Songza was purchased by Google on July 1, 2014, and on December 2, 2015, Google announced Songza would merge into Google Play Music on January 31, 2016. As of September 24, 2021, the main site is offline, displaying a redirect to YouTube Music.

== History ==
Amie Street acquired Songza, a product created by Aza Raskin and Scott Robbin, in October 2008. In August 2010, Amie Street was sold to Amazon for an undisclosed amount. Shortly after this the co-founders – CEO Elias Roman, COO Peter Asbill, CPO Elliott Breece and CCO Eric Davich – refocused their efforts on Songza. The team discontinued the original version and relaunched a new alpha version of Songza, keeping nothing of the original product but the name.

Over the next year the founders experimented with various iterations. When the app originally launched in 2010, it was described by PandoDaily as "like a pre-Turntable.fm. A function called Social Radio allowed users to be DJs for their friends." This version of the app allowed it to be social and crowdsourced; the problem with it was that the service as it stood was not sufficiently differentiated from other services on the market and the quality of the crowd sourced playlists was low. Following a year of testing various iterations of the alpha version of the app, Songza relaunched in beta on iPhone and Android apps on September 13, 2011, armed with a team of 25 expert music curators.

In March 2012, Songza released its Music Concierge feature, on iPhone and the web. The concierge presented users with up to six situations based on time of day, with filters for whatever mood they might be in. For example, on a Wednesday morning a user may have been presented with situations for "Waking Up", "Singing in the Shower", "Working Out" and so on.

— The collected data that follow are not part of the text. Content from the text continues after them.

-- ===== src/Tests/Proxying.antt =====
-- A request that reaches a target, and its record.
use routeup.Base.{
  Text, if◌then◌else◌, length, pos, eq_ℤ, codes, lookup, ℕ, ◌≡◌, refl, true, false, Option, none,
  some, [], ◌∷◌, ◌++◌, text_eq, ◌≢◌,
}
use routeup.Tests.{plain}
use routeup.Strings.{to_lower}
use routeup.Route.Target.{Target, root, target_path_matches, match_target}
use routeup.Logs.Entry.{Entry, valid_source}
use routeup.Route.Name.{route_name_from_host, Name}
use routeup.Logs.Store.Append.{newest}
use routeup.Logs.Store.Runs.{new_store-Inv}
use routeup.Logs.Store.{new_store, Store}
use routeup.Logs.Store.Refinement.{Inv, contents}
use routeup.Agent.Registry.{Registry, Routing, not_exposed, lookup_targets}
use routeup.Proxy.{
  Request, Outgoing, failed, answered, Network, Outcome, Timing, strip_port, forward, serve_targets,
  record_entry, served, local_entry, local_handler, rewrite,
}
use routeup.Proxy.Laws.{Guarded, SentTo, serve_targets-Guarded, local_handler-SentTo}
use routeup.Proxy.Recorded.{logged, serve_targets-recorded}
use routeup.Proxy.Status.{forward-status}

abbrev api : Target
api = record { path = codes "/api"; port = pos 8080 }

abbrev routing : Routing
routing = record {
  targets = record { path = root; port = pos 3000 } ∷ api ∷ [];
  capture_request = true;
  capture_response = false;
  redact_headers = codes "cookie" ∷ [];
}

abbrev get_item : Request
get_item = record {
  host = codes "web.localhost";
  method = codes "GET";
  uri = codes "/api/1";
  path = codes "/api/1";
  escaped = codes "/api/1";
  headers = (codes "Cookie", codes "secret" ∷ []) ∷ [];
  no_body = true;
}

-- An upstream that sends early hints and then fails on one port, and answers on any other.
abbrev network : Network
network = record {
  split_host_port = λ h. none;
  outgoing_headers = λ r. r.headers;
  set_x_forwarded = λ r hs. hs;
  round_trip = λ out.
      if eq_ℤ out.port (pos 8080)
      then record { sent = []; interim = pos 103 ∷ []; answer = failed }
      else record {
        sent = [];
        interim = [];
        answer = answered (record { status = pos 200; headers = []; no_body = true; body = [] });
      };
}

abbrev when : Timing
when = record { started_at = 5; duration = 2 }

abbrev claims : Registry
claims =
    (
      codes "web",
      record {
        name = codes "web";
        port = pos 3000;
        targets = routing.targets;
        capture_request = true;
        capture_response = false;
        redact_headers = routing.redact_headers;
        owner_pid = pos 7;
        owner_cwd = [];
        registered_at = 1;
        public_host = [];
        public_paths = [];
        public_state = not_exposed;
      },
    )
    ∷ []

abbrev web_entry : Entry
web_entry = local_entry (codes "web") (codes "web.localhost")

serve_targets-Guarded_example :
    Guarded plain routing [] get_item
      (serve_targets plain network routing [] when get_item web_entry)
serve_targets-Guarded_example =
    serve_targets-Guarded plain network routing [] when get_item web_entry

forward-status_example :
    ((forward plain network routing api get_item web_entry).writer.passed ≡ pos 103 ∷ pos 502 ∷ [])
    × ((forward plain network routing api get_item web_entry).entry.status ≡ pos 103)
unfolding routeup.Proxy.rewrite
forward-status_example = forward-status plain network routing api get_item web_entry

abbrev web_outcome : Outcome
web_outcome = serve_targets plain network routing [] when get_item web_entry

abbrev sent_out : Outgoing
sent_out = record { port = pos 8080; host = get_item.host; headers = get_item.headers }

web_handled : local_handler plain network claims when get_item ≡ served web_outcome
unfolding local_handler routeup.Route.Name.route_name_from_host routeup.Strings.cut_suffix
    routeup.Strings.to_lower lookup_targets lookup
web_handled = refl

web_sent : web_outcome.forwarded ≡ some sent_out
unfolding serve_targets routeup.Route.Pattern.path_allowed routeup.Route.Target.match_target
    routeup.Route.Target.target_path_matches routeup.Base.text_eq routeup.Strings.has_prefix
web_sent = refl

local_handler-SentTo_example :
    (name : Text) × (routing' : Routing) × (to_lower plain (strip_port plain network get_item.host)
      ≡ name ++ codes ".localhost")
    × (name ≢ [])
    × (lookup_targets name claims ≡ some routing')
    × SentTo routing' get_item sent_out
local_handler-SentTo_example =
    local_handler-SentTo plain network claims when get_item web_outcome sent_out web_handled
      web_sent

abbrev draw : ℕ → Option Text
draw n = some (codes "r1")

serve_targets-recorded_example :
    (t : Store) × (record_entry 9 draw (some new_store) web_outcome.entry ≡ some t)
    × Inv t
    × (contents t
        ≡ newest
            (length new_store.entries)
            (contents new_store ++ logged 9 (codes "r1") web_outcome.entry ∷ []))
unfolding lookup new_store routeup.Logs.Entry.valid_source text_eq
serve_targets-recorded_example =
    serve_targets-recorded plain network routing [] when get_item web_entry 9 draw (codes "r1")
      new_store new_store-Inv refl refl refl refl refl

This feature was rolled out to iPad on June 7, 2012; during the first ten days following the iPad app launch, Songza saw over 1.15 million downloads.

On June 12, 2012, Songza was listed as the top free app on iTunes for the iPad and the number two free app for the iPhone. Concierge was released on Android on July 10, 2012, and for Android tablets on August 14, 2012. The app expanded to Canada on August 7, 2012, and became the number-one overall free app in Canada on August 13, 2012. Within the week of Microsoft's Build developer event in June 2013, Songza snuck in its official Windows 8 app.

Songza launched in Canada on August 7, 2012, and reached the one million download mark after 70 days.

Starting October 2013, Songza began inserting pop-up audio/video ads when initiating a playlist, making it no longer "audio-ad free". Songza reported having 5.5 million regular users at the end of 2013.

Songza was acquired by Google on July 1, 2014. No terms were disclosed but speculation put the price at somewhere between $15 million and $39 million. Both companies issued statements saying they were "thrilled" to be doing the deal. In October 2014, following the acquisition, the Google Play Music All Access service was updated to include functionality adapted from Songza's Concierge system.

Songza was merged into Google Play Music on January 31, 2016, which itself was shut down on December 1, 2020. As of September 24, 2021, the Songza website is offline, and its former URL displays a redirect to YouTube Music, Google's (likewise defunct) music streaming service.